It was a Friday morning. We were on our way to the hospital. Our appointment with the doctor was an hour later. The destination was only 10 kilometers away. But, the traffic on the road was moving at a snail’s pace and driving us crazy.

My usually calm husband P, was frowning and clicking his tongue. "Where are all these people going on a Friday? Isn’t anyone working from home today?", he pronounced between brakes and accelerations.

I turned on the music in the car audio. It had a soothing effect on the three of us. We were lost in the magic of the melodies when a loud noise jolted us.

An auto in the front had stopped all of a sudden, without prior indication. P had slammed the brakes instantly and had stopped short of jamming into the auto. However, the two vehicles had already touched each other.

As expected, the auto driver emerged out of the auto and started walking towards our car. A slow-motion walk might have suited the scene, accompanied by a background score. But, the driver was in no mood for such an extravaganza. He reached our car in seconds.

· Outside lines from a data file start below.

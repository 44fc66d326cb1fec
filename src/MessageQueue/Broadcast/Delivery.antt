-- ===== src/MessageQueue/Broadcast/Delivery.antt =====
-- The messages and the sleepers of Lab24/main.c, over all interleavings.
use os_posix.Prelude.{
  ℕ, ◌+◌, ◌≤◌, ◌≡◌, refl, ap, ◌∙◌, inl, inr, true, false, List, [], ◌∷◌, ◌++◌, arith, Bool-cases,
  leb, ◌==◌, if◌then◌else◌, update_elim, take, length, length-append,
}
use mathlib.Core.List.{map}
use os_posix.MessageQueue.Cells.{Ptr, Text, Heap, Cells, texts}
use os_posix.MessageQueue.Cells.Chain.{IsFresh}
use os_posix.MessageQueue.Spec.Split.{unsnoc}
use os_posix.MessageQueue.Broadcast.{Queue, limit, width, mymsginit, mymsqdrop, mymsgput, mymsgget}
use os_posix.MessageQueue.Broadcast.Refine.{put_dropped, put_full, put_room, get_dropped, get_empty}
use os_posix.MessageQueue.Broadcast.Chains.{IsChain, mymsgget_last}
use os_posix.MessageQueue.Broadcast.Threads.{
  Sleep, awake, put_sleeps, get_sleeps, System, start, after_put, after_get, Step, puts, gets,
  drops, Reach, here, next,
}

-- A sleeping thread could not go on if it were awake.
abbrev pub Asleep : Sleep → Queue → Type 0
Asleep awake q = Unit
Asleep put_sleeps q = (q.mes_count ≡ limit) × (q.is_droped ≡ false)
Asleep get_sleeps q = (q.mes_count ≡ 0) × (q.is_droped ≡ false)

abbrev cut : ℕ → List Text → List Text
cut n = map (take n)

pub record Inv (n : ℕ) (s : System) : Type 0 where
  pub cells : Cells
  pub chain : IsChain s.queue cells
  pub bounded : s.queue.mes_count ≤ limit
  pub delivered : cut n (cut width s.put_log) ≡ cut n (texts cells) ++ s.got_log
  pub asleep : (i : ℕ) → Asleep (s.sleep i) s.queue
  pub sound : s.faulted ≡ false

start-Inv : (n : ℕ) (h : Heap) → Inv n (start h)
unfolding mymsginit
start-Inv n h = record {
  cells = [];
  chain = record { head = refl; tail = refl; links = tt; distinct = tt; count = refl };
  bounded = omega arith;
  delivered = refl;
  asleep = λ i. tt;
  sound = refl;
}

full_count : {n : ℕ} → n ≤ limit → leb limit n ≡ true → n ≡ limit
full_count b f = ground arith

not_full : (n : ℕ) → leb limit n ≡ false → n + 1 ≤ limit
not_full n f = ground arith

not_empty : (n m : ℕ) → n ≡ m + 1 → (n == 0) ≡ false
not_empty n m e = ground arith

-- A put that succeeds leaves only threads asleep that cannot go on.
wakes_put :
    (q q' : Queue) (z : Sleep)
    → leb limit q.mes_count ≡ false
    → Asleep z q
    → Asleep (if q.mes_count == 0 then awake else z) q'
wakes_put q q' awake room a = ground arith
wakes_put q q' put_sleeps room a = absurd (ground arith)
wakes_put q q' get_sleeps room a = ground arith

-- So does a get.
wakes_get :
    (q q' : Queue) (z : Sleep)
    → (q.mes_count == 0) ≡ false
    → Asleep z q
    → Asleep (if q.mes_count == limit then awake else z) q'
wakes_get q q' awake some_left a = ground arith
wakes_get q q' put_sleeps some_left a = ground arith
wakes_get q q' get_sleeps some_left a = absurd (ground arith)

put-Inv :
    {n : ℕ} {s : System} (i : ℕ) (f : Ptr) (t : Text)
    → IsFresh s.queue.heap f
    → Inv n s
    → Inv n (after_put s i t (mymsgput f t s.queue))
put-Inv {n} {s} i f t fresh v = elim (Bool-cases s.queue.is_droped) [
  | inl d ↦ rw (put_dropped f t s.queue d) v
  | inr d ↦ elim (Bool-cases (leb limit s.queue.mes_count)) [
    | inl full ↦ rw (put_full f t s.queue d full) (record {
      cells = v.cells;
      chain = v.chain;
      bounded = v.bounded;
      delivered = v.delivered;
      asleep = λ j.
          update_elim (λ k z. Asleep z s.queue) s.sleep i put_sleeps j
            (full_count v.bounded full, d) (λ ne. v.asleep j);
      sound = v.sound;
    })
    | inr room ↦
        let (q', e, c, d') = put_room f t s.queue v.cells fresh v.chain d room in
        rw e (record {
          cells = (f, take width t) ∷ v.cells;
          chain = c;
          bounded = omega (arith, c.count, v.chain.count, not_full s.queue.mes_count room);
          delivered = ap (λ ts. take n (take width t) ∷ ts) v.delivered;
          asleep = λ j. wakes_put s.queue q' (s.sleep j) room (v.asleep j);
          sound = v.sound;
        })
  ]
]

-- The text that leaves the chain is the next in the log.
cut-last :
    (n : ℕ) (xs : Cells) (p : Ptr) (t : Text) (ts : List Text)
    → cut n (texts (xs ++ (p, t) ∷ [])) ++ ts ≡ cut n (texts xs) ++ take n t ∷ ts
cut-last n [] p t ts = refl
cut-last n ((q, u) ∷ xs) p t ts = ap (λ us. take n u ∷ us) (cut-last n xs p t ts)

get_last-Inv :
    {n : ℕ} {s : System} (i : ℕ) (xs : Cells) (p : Ptr) (t : Text)
    → (v : Inv n s) → v.cells ≡ xs ++ (p, t) ∷ []
    → s.queue.is_droped ≡ false
    → Inv n (after_get s i (mymsgget n s.queue))
get_last-Inv {n} {s} i xs p t v at_end d =
    let chain : IsChain s.queue (xs ++ (p, t) ∷ []) = rw at_end at v.chain in
    let (q', e, c, d') = mymsgget_last n s.queue xs p t chain d in
    let counted = length-append xs ((p, t) ∷ []) in
    rw e (record {
      cells = xs;
      chain = c;
      bounded = omega (arith, c.count, chain.count, counted, v.bounded);
      delivered =
          v.delivered
          ∙ ap (λ cs. cut n (texts cs) ++ s.got_log) at_end
          ∙ cut-last n xs p t s.got_log;
      asleep = λ j.
          wakes_get s.queue q' (s.sleep j)
            (not_empty _ (length xs) (omega (arith, chain.count, counted))) (v.asleep j);
      sound = v.sound;
    })

get-Inv : {n : ℕ} {s : System} (i : ℕ) → Inv n s → Inv n (after_get s i (mymsgget n s.queue))
get-Inv {n} {s} i v = elim (Bool-cases s.queue.is_droped) [
  | inl d ↦ rw (get_dropped n s.queue d) v
  | inr d ↦ at_cells v.cells refl d
]
  where
    at_cells :
        (cs : Cells)
        → v.cells ≡ cs
        → s.queue.is_droped ≡ false
        → Inv n (after_get s i (mymsgget n s.queue))
    at_cells [] e d = rw (get_empty n s.queue d (v.chain.count ∙ ap length e)) (record {
      cells = v.cells;
      chain = v.chain;
      bounded = v.bounded;
      delivered = v.delivered;
      asleep = λ j.
          update_elim (λ k z. Asleep z s.queue) s.sleep i get_sleeps j
            (v.chain.count ∙ ap length e, d) (λ ne. v.asleep j);
      sound = v.sound;
    })
    at_cells ((p, t) ∷ cs) e d =
        let (xs, q, u, split, _) = unsnoc p t cs in get_last-Inv i xs q u v (e ∙ split) d

drop-Inv :
    {n : ℕ} {s : System}
    → Inv n s
    → Inv n (record s { queue = mymsqdrop s.queue; sleep = λ _. awake })
unfolding mymsqdrop
drop-Inv v = record {
  cells = v.cells;
  chain = record {
    head = v.chain.head;
    tail = v.chain.tail;
    links = v.chain.links;
    distinct = v.chain.distinct;
    count = v.chain.count;
  };
  bounded = v.bounded;
  delivered = v.delivered;
  asleep = λ i. tt;
  sound = v.sound;
}

Step-Inv : {n : ℕ} {s t : System} → Step n s t → Inv n s → Inv n t
Step-Inv (puts i f t a fresh) v = put-Inv i f t fresh v
Step-Inv (gets i a) v = get-Inv i v
Step-Inv drops v = drop-Inv v

pub Reach-Inv : {n : ℕ} {s : System} → Reach n s → Inv n s
Reach-Inv {n} (here h) = start-Inv n h
Reach-Inv (next r st) = Step-Inv st (Reach-Inv r)

-- When `malloc` always returns memory: in every state that the threads reach, no call has faulted,
-- at most ten messages wait, and the texts that were put, each cut at 80 bytes and then at the size
-- of the buffers, are those that were got, in the same order, and after them those that wait in the
-- chain from `head` to `tail`, cut at that size too.
pub delivered_in_order :
    {n : ℕ} {s : System}
    → Reach n s
    → (cs : Cells) × IsChain s.queue cs
      × (s.faulted ≡ false)
      × (length cs ≤ limit)
      × (cut n (cut width s.put_log) ≡ cut n (texts cs) ++ s.got_log)
delivered_in_order r =
    let v = Reach-Inv r in
    (v.cells, v.chain, v.sound, omega (arith, v.chain.count, v.bounded), v.delivered)

-- In every state that the threads reach, a producer sleeps only while the queue is full and not
-- dropped, and a consumer only while it is empty and not dropped.
pub no_lost_wakeup :
    {n : ℕ} {s : System}
    → Reach n s
    → (i : ℕ)
    → (s.sleep i ≡ put_sleeps → (s.queue.mes_count ≡ limit) × (s.queue.is_droped ≡ false))
      × (s.sleep i ≡ get_sleeps → (s.queue.mes_count ≡ 0) × (s.queue.is_droped ≡ false))
no_lost_wakeup r i = (λ e. rw e at ((Reach-Inv r).asleep i), λ e. rw e at ((Reach-Inv r).asleep i))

P rolled down the window. They saw eye to eye. I expected a flurry of verbal abuse to start any moment. The driver threw slurs at my husband in an animated way. But, the language was Kannada, thereby preventing any injury to the husband’s ego.

A man of few words, my spouse blurted out a few incomprehensible syllables, one of which I could decipher as "Sorry". The driver stood in silence for a second and then walked back to the auto.

I thought he had gone to get his phone, to load the Google Translate app. We waited patiently. P maneuvered the car and parked it on the side of the road, in anticipation of the battle.

But, to our surprise, the auto moved on.

P sat in the car gaping at the auto for a while. I shook him and brought him back to his senses. He shrugged his shoulders and smiled coyly.

I was disappointed to see the auto leave. I wanted to hold the driver’s neck and scream into his ears that it was his fault for having stopped the vehicle abruptly in the middle of peak traffic and that the apology offered by my husband was null and void.

I also wanted to proclaim that, this was the first time that my better (read: worse) half had hit (rather, grazed the surface of) a vehicle, in his 30 years of driving around the country.

I also wanted to prove to the world that, I had a better vocabulary than the two men in conflict. Sigh, what an opportunity lost in no time!

P restarted the car. As the car picked up speed and came in line with the auto, the driver gave us a nasty stare. I reciprocated by rolling my eyes, trusting well that the driver got all that I wanted to convey in that fraction of a second. Why waste energy yelling and fighting when my eyes could convey a million words (unparliamentary, of course)?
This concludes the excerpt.